Timolol is a beta blocker medication used either by mouth or as eye drops. As eye drops it is used to treat increased pressure inside the eye such as in ocular hypertension and glaucoma. By mouth it is used for high blood pressure, chest pain due to insufficient blood flow to the heart, to prevent further complications after a heart attack, and to prevent migraines.

Common side effects with the drops is irritation of the eye. Common side effects by mouth include tiredness, slow heart beat, itchiness, and shortness of breath. Other side effects include masking the symptoms of low blood sugar in those with diabetes. Use is not recommended in those with asthma, uncompensated heart failure, or chronic obstructive pulmonary disease (COPD). It is unclear if use during pregnancy is safe for the fetus. Timolol is a non-selective beta blocker.

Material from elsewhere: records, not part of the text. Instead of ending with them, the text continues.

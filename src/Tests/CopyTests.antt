-- ===== src/Tests/CopyTests.antt =====
-- `copy`, between two Buffers that share bytes.
use node_qml.Prelude.{inl, inr, refl, some, List, [], ◌∷◌, arith, pos, negsuc}
use node_qml.Buffer.Copy.{method_copy}
use node_qml.Buffer.Copy.Bytes.{Copies, method_copy-Copies}
use node_qml.Tests.Hosts
use node_qml.Tests.Hosts.{js, memory, whole, middle}

abbrev arguments : List Hosts.Js
arguments = Hosts.Js.buffer middle ∷ Hosts.Js.int (pos 1) ∷ Hosts.Js.int (pos 3) ∷ []

method_copy-Copies_example :
    Copies whole middle 1 3 8 memory (method_copy js (some whole) arguments memory)
method_copy-Copies_example =
    method_copy-Copies js whole middle arguments memory refl (omega arith) (omega arith) 1 3 8
      (inr (omega arith, refl, refl)) (inr (omega arith, refl, refl)) (inl (omega arith, refl))

abbrev bad_arguments : List Hosts.Js
bad_arguments = Hosts.Js.buffer middle ∷ Hosts.Js.int (negsuc 0) ∷ []
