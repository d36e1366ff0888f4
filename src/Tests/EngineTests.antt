-- ===== src/Tests/EngineTests.antt =====
-- The timers and events of an engine.
use node_qml.Prelude.{◌≡◌, ◌⊎◌, refl, true, false, none, some, List, [], ◌∷◌, pos, has_key, eq_ℤ}
use node_qml.Memory.{Error}
use node_qml.Host.{argument}
use node_qml.Engine.{State, Loop, Module, returned, thrown, set_timeout, clear_interval, state_of}
use node_qml.Engine.Events.{take_timer, quit_if_done, timer_event, done_check, call_function}
use node_qml.Engine.Steps.{Step, Many, done, set_timeout_step, is_running}
use node_qml.Engine.Live.{IsLive, Taken}
use node_qml.Engine.Timers.{Step-IsLive}
use node_qml.Engine.Fires.{IsFresh, IsFresh-IsLive, KeepsSteps, timer_event-Fires}
use node_qml.Engine.Clears.{RunsOnce, set_timeout-RunsOnce, clear_interval_inverted}
use node_qml.Engine.Pending.{pending}
use node_qml.Engine.Refines.{effect, pending-effect}
use node_qml.Tests.Hosts.{Js, js, int, function}

abbrev pub no_module : Module Js
no_module = record {
  id = [];
  parent = none;
  children = [];
  exports = Js.undefined;
  filename = [];
  dirname = [];
  loaded = false;
}

abbrev pub new_engine : State Js
new_engine = record {
  timeouts = [];
  intervals = [];
  core_modules = [];
  cached_modules = [];
  objects = λ a. no_module;
  next = 0;
  has_exception = false;
  trace = [];
}

pub new_engine-IsFresh : IsFresh new_engine
new_engine-IsFresh = record { no_timeouts = refl; no_intervals = refl; no_calls = refl }

-- Functions that do nothing, and no events.
abbrev pub idle : Loop Js
idle = record { process_events = λ s. s; call = λ f s. s }

pub idle-KeepsSteps : KeepsSteps js idle
idle-KeepsSteps = record { call_steps = λ cb s. done s; event_steps = λ s. done s }

abbrev timeout_arguments : List Js
timeout_arguments = function 7 ∷ int (pos 20) ∷ []

-- setTimeout(f, 20), with the id 5.
abbrev waiting : State Js
waiting = state_of (set_timeout js timeout_arguments (pos 5) new_engine)

waiting-is_running : is_running waiting.trace (pos 5) ≡ true
unfolding set_timeout
waiting-is_running = refl

pub new_engine-IsLive : IsLive new_engine
new_engine-IsLive = IsFresh-IsLive new_engine new_engine-IsFresh

waiting-IsLive : IsLive waiting
waiting-IsLive =
    Step-IsLive js new_engine waiting (set_timeout_step timeout_arguments (pos 5) new_engine refl)
      new_engine-IsLive

Step-IsLive_example : IsLive waiting
Step-IsLive_example =
    Step-IsLive js new_engine waiting (set_timeout_step timeout_arguments (pos 5) new_engine refl)
      new_engine-IsLive

timer_event-Fires_example :
    (cb : Js) × (t : State Js) × Taken (pos 5) waiting (some (cb, t))
    × (timer_event idle (pos 5) waiting ≡ done_check idle (call_function idle cb t))
    × Many (Step js) waiting (timer_event idle (pos 5) waiting)
timer_event-Fires_example =
    timer_event-Fires js idle idle-KeepsSteps (pos 5) waiting waiting-is_running waiting-IsLive

set_timeout-RunsOnce_example :
    ((e : Error) × (set_timeout js timeout_arguments (pos 5) new_engine
        ≡ thrown e (record new_engine { has_exception = true })))
    ⊎ ((cb : Js) × (t : State Js) × (js.as_function (argument js timeout_arguments 0) ≡ some cb)
        × (set_timeout js timeout_arguments (pos 5) new_engine ≡ returned (pos 5) t)
        × RunsOnce js t (pos 5) cb (int (pos 5) ∷ []))
set_timeout-RunsOnce_example =
    set_timeout-RunsOnce js timeout_arguments (int (pos 5) ∷ []) (pos 5) new_engine refl refl refl

clear_interval_inverted_example :
    ((clear_interval js (int (pos 5) ∷ []) waiting ≡ returned tt waiting)
      × (cb : Js) × (take_timer (pos 5) waiting ≡ some (cb, waiting)))
    ⊎ ((t : State Js) × (clear_interval js (int (pos 5) ∷ []) waiting ≡ returned tt t)
        × (is_running t.trace (pos 5) ≡ false)
        × (has_key eq_ℤ t.timeouts (pos 5) ≡ true)
        × (quit_if_done t ≡ t))
clear_interval_inverted_example =
    clear_interval_inverted js (int (pos 5) ∷ []) (pos 5) waiting refl refl refl waiting-IsLive
      waiting-is_running

pending-effect_example :
    pending waiting (pos 5)
    ≡ effect js new_engine waiting
        (set_timeout_step timeout_arguments (pos 5) new_engine refl)
        (pending new_engine)
        (pos 5)
pending-effect_example =
    pending-effect js new_engine waiting
      (set_timeout_step timeout_arguments (pos 5) new_engine refl) new_engine-IsLive (pos 5)
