-- ===== src/Tests/FillTests.antt =====
-- `fill`.
use node_qml.Prelude.{◌≡◌, refl, inr, some, List, [], ◌∷◌, arith, pos, codes}
use node_qml.Memory.{Heap, ok, fault}
use node_qml.Buffer.Copy.{index_argument}
use node_qml.Buffer.Fill.{method_fill}
use node_qml.Buffer.Fill.Loop.{IsFilled}
use node_qml.Buffer.Fill.Method.{method_fill-IsFilled, method_fill_overruns}
use node_qml.Tests.Hosts
use node_qml.Tests.Hosts.{js, ascii_text, memory, whole, middle}

abbrev range : List Hosts.Js
range = Hosts.Js.int (pos 1) ∷ Hosts.Js.int (pos 8) ∷ []

method_fill-IsFilled_example :
    (h' : Heap) × (method_fill js ascii_text
        (some whole)
        (Hosts.Js.string (codes "ab") ∷ range)
        memory
      ≡ ok whole h')
    × IsFilled whole (codes "ab") 1 7 memory 7 h'
method_fill-IsFilled_example =
    method_fill-IsFilled js ascii_text whole (Hosts.Js.string (codes "ab")) range 1 8 memory
      (unfold index_argument in refl) (unfold index_argument in refl) refl (omega arith)
      (omega arith) (omega arith) (omega arith)

method_fill_overruns_example :
    method_fill js ascii_text (some middle) (Hosts.Js.int (pos 7) ∷ range) memory ≡ fault
method_fill_overruns_example =
    method_fill_overruns js ascii_text middle (Hosts.Js.int (pos 7)) range 1 8 memory
      (unfold index_argument in refl) (unfold index_argument in refl) refl
      (inr (omega arith, omega arith))
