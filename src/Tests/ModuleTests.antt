-- ===== src/Tests/ModuleTests.antt =====
-- Modules that are found, required twice, required by another, and required in a cycle.
use node_qml.Prelude.{
  ◌++◌, codes, if◌then◌else◌, ◌∷◌, ℕ, List, ◌<◌, ◌||◌, if◌then◌else◌, Bool-cases, inl, inr, ap, sym,
  ◌∙◌, text_eq_iff, ◌≡◌, refl, true, false, none, some, [], codes, text_eq, arith,
}
use node_qml.Memory.{QString}
use node_qml.Engine.{State, returned, state_of}
use node_qml.Engine.Events.{exception_check}
use node_qml.Module.{
  Files, Scripts, finished, aborted, unending, and_then, resolve_module, put_module, cache_module,
}
use node_qml.Module.Load.{new_module, load, compile, set_path, mark_loaded}
use node_qml.Module.Require.{require}
use node_qml.Module.Resolve.{first_file, candidates, resolve_module-first_file}
use node_qml.Module.Cached.{require-require}
use node_qml.Module.Ranked.{EndAlike, HasRanks, and_then-EndAlike, finished_ends, require-EndAlike}
use node_qml.Module.Cycle.{RequiresItself, require_cycle}
use node_qml.Tests.Hosts.{Js, function}
use node_qml.Tests.EngineTests.{new_engine, no_module}

abbrev pub main : QString
main = codes "/main.js"

-- A directory with the one file /main.js.
abbrev pub disk : Files Js
disk = record {
  exists = λ p. text_eq p main;
  is_file = λ p. text_eq p main;
  is_dir = λ p. false;
  is_relative = λ p. false;
  absolute_file_path = λ p. p;
  absolute_path = λ p. codes "/";
  file_name = λ p. codes "main.js";
  suffix = λ p. codes "js";
  file_path = λ d p. p;
  read = λ p. some [];
  from_json = λ bs. none;
}

-- A script that does nothing, and one that requires /main.js.
abbrev pub quiet : Scripts Js
quiet = record {
  has_syntax_error = λ bs. false;
  run = λ again g source s. finished s;
  exception_is_object = λ s. true;
  new_object = λ a. function a;
}

abbrev cyclic : Scripts Js
cyclic = record {
  has_syntax_error = λ bs. false;
  run = λ again g source s. and_then (again main s) (λ a. finished (state_of a));
  exception_is_object = λ s. true;
  new_object = λ a. function a;
}

resolve_module-first_file_example : resolve_module disk main [] ≡ (
    if disk.exists (codes ":/js/" ++ main ++ codes ".js")
    then disk.absolute_file_path (codes ":/js/" ++ main ++ codes ".js")
    else first_file disk
        (candidates disk (if disk.is_relative main then disk.file_path [] main else main)))
resolve_module-first_file_example = resolve_module-first_file disk main []

-- The state behind require('/main.js') in a new engine.
abbrev pub after : State Js
after =
    cache_module
      (mark_loaded disk quiet 0 (
        set_path disk quiet 0 main (
          put_module (record new_engine { next = 1 }) 0
            (record no_module { id = main; exports = function 0 }))))
      main 0

pub first_require :
    require disk quiet 1 main none new_engine ≡ finished (returned (function 0) after)
unfolding require resolve_module new_module load compile exception_check text_eq
first_require = refl

require-require_example :
    require disk quiet 1 main none after ≡ finished (returned (function 0) after)
require-require_example =
    require-require disk quiet 1 0 main none new_engine after (function 0) first_require refl refl

main-RequiresItself : RequiresItself disk cyclic main main
unfolding resolve_module text_eq
main-RequiresItself = record {
  source = [];
  is_file = λ e. absurd (ground arith);
  is_js = refl;
  has_source = refl;
  is_resolved = λ parent. refl;
  runs = λ again g u. refl;
}

require_cycle_example : require disk cyclic 100 main none new_engine ≡ unending
require_cycle_example =
    require_cycle disk cyclic main main main-RequiresItself 100 none new_engine refl refl

abbrev other : QString
other = codes "/other.js"

-- A directory where /main.js requires /other.js, which does nothing.
abbrev two_files : Files Js
two_files = record disk {
  exists = λ p. text_eq p main || text_eq p other;
  is_file = λ p. text_eq p main || text_eq p other;
  read = λ p. if text_eq p main then some (1 ∷ []) else some [];
}

abbrev nested : Scripts Js
nested = record {
  has_syntax_error = λ bs. false;
  run = λ again g source s. elim source [
    | [] ↦ finished s
    | c ∷ cs ↦ and_then (again other s) (λ a. finished (state_of a))
  ];
  exception_is_object = λ s. true;
  new_object = λ a. function a;
}

abbrev rank : QString → ℕ
rank p = if text_eq p other then 0 else 1

other_is_empty :
    (parent : QString) → two_files.read (resolve_module two_files other parent) ≡ some []
unfolding resolve_module text_eq
other_is_empty parent = refl

lower_rank :
    (path parent : QString) (c : ℕ) (cs : List ℕ)
    → two_files.read (resolve_module two_files path parent) ≡ some (c ∷ cs)
    → rank other < rank path
unfolding text_eq
lower_rank path parent c cs e = elim (Bool-cases (text_eq path other)) [
  | inl same ↦ absurd (
      ground (
        arith,
        sym (
              ap (λ p. two_files.read (resolve_module two_files p parent))
                ((text_eq_iff path other).0 same)
              ∙ other_is_empty parent)
            ∙ e,
      ))
  | inr differs ↦ rw differs (omega arith)
]

nested-HasRanks : HasRanks two_files nested rank
nested-HasRanks = record {
  descends = λ path parent source read again again' g s below.
      elim source
          as (λ bs.
            (two_files.read (resolve_module two_files path parent) ≡ some bs)
            → EndAlike (nested.run again g bs s) (nested.run again' g bs s)) [
              | [] ↦ λ e. (refl, finished_ends s)
              | c ∷ cs ↦ λ e.
                  and_then-EndAlike (again other s) (again' other s) (λ a. finished (state_of a))
                    (below other s (lower_rank path parent c cs e))
                    (λ a. finished_ends (state_of a))
            ]
        read;
}

require-EndAlike_example :
    EndAlike
      (require two_files nested 2 main none new_engine)
      (require two_files nested 7 main none new_engine)
unfolding text_eq
require-EndAlike_example =
    require-EndAlike two_files nested rank nested-HasRanks 2 7 main none new_engine (omega arith)
      (omega arith)

-- A script that throws a number: the exception check reads it through a null pointer.
abbrev throwing : Scripts Js
throwing = record quiet {
  run = λ again g source s. finished (record s { has_exception = true });
  exception_is_object = λ s. false;
}

throwing_aborts : require disk throwing 1 main none new_engine ≡ aborted
unfolding require resolve_module new_module load compile exception_check text_eq
throwing_aborts = refl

Timolol was patented in 1968, and came into medical use in 1978. It is on the World Health Organization's List of Essential Medicines. Timolol is available as a generic medication. In 2023, it was the 173rd most commonly prescribed medication in the United States, with more than 2 million prescriptions.

==Medical uses==

===By mouth===
In its by mouth or oral form, it is used:

- to treat high blood pressure
- to prevent heart attacks
- to prevent migraine headaches

The combination of timolol and the alpha-1 blocker prazosin has sedative effects.

===Eye drops===
In its eye drop form it is used to treat open-angle and, occasionally, secondary glaucoma. The mechanism of action of timolol is probably the reduction of the formation of aqueous humor in the ciliary body in the eye. It was the first beta blocker approved for topical use in treatment of glaucoma in the United States (1978). When used by itself, it depresses intraocular pressure (IOP) 18–34% below baseline within first few treatments. However, there are short-term escape and long-term drift effects in some people. That is, tolerance develops. It may reduce the extent of the daytime IOP curve up to 50%. The IOP is higher during sleep. Efficacy of timolol in lowering IOP during the sleep period may be limited. It is a 5–10× more potent beta blocker than propranolol. Timolol is light-sensitive; it is usually preserved with 0.01% benzalkonium chloride (BAC), but also comes BAC-free. It can also be used in combination with pilocarpine, carbonic anhydrase inhibitors or prostaglandin analogs.

A Cochrane review compared the effect of timolol versus brimonidine in slowing the progression of open angle glaucoma in adults but found insufficient evidence to come to conclusions.

===On the skin===
In its gel form it is used on the skin to treat infantile hemangiomas.

===Available forms===
It is available in tablet and liquid formulations.

For ophthalmic use, timolol is also available combined:

- with carbonic anhydrase inhibitors:
  - timolol and brinzolamide
  - timolol and dorzolamide
- with α_{2} agonists:
  - timolol and brimonidine
- with prostaglandin analogs:
  - timolol and latanoprost
  - timolol and travoprost

==Contraindications==
The medication should not be taken by individuals with:

- An allergy to timolol or any other beta-blockers
- Asthma or severe chronic obstructive bronchitis
- A slow heart rate (bradycardia), or a heart block
- Heart failure

==Side effects==
The most serious possible side effects include cardiac arrhythmias and severe bronchospasms. Timolol can also lead to fainting, congestive heart failure, depression, confusion, worsening of Raynaud's syndrome and impotence.

Side effects when given in the eye include: burning sensation, eye redness, superficial punctate keratopathy, corneal numbness.

==Chemistry==
The experimental log P of timolol is 1.8 and its predicted log P ranges from 0.68 to 1.8.

==Society and culture==
===Brand names===
Timolol is sold under many brand names worldwide. Timolol eye drops are sold under the brand names Timoptic and Istalol among others.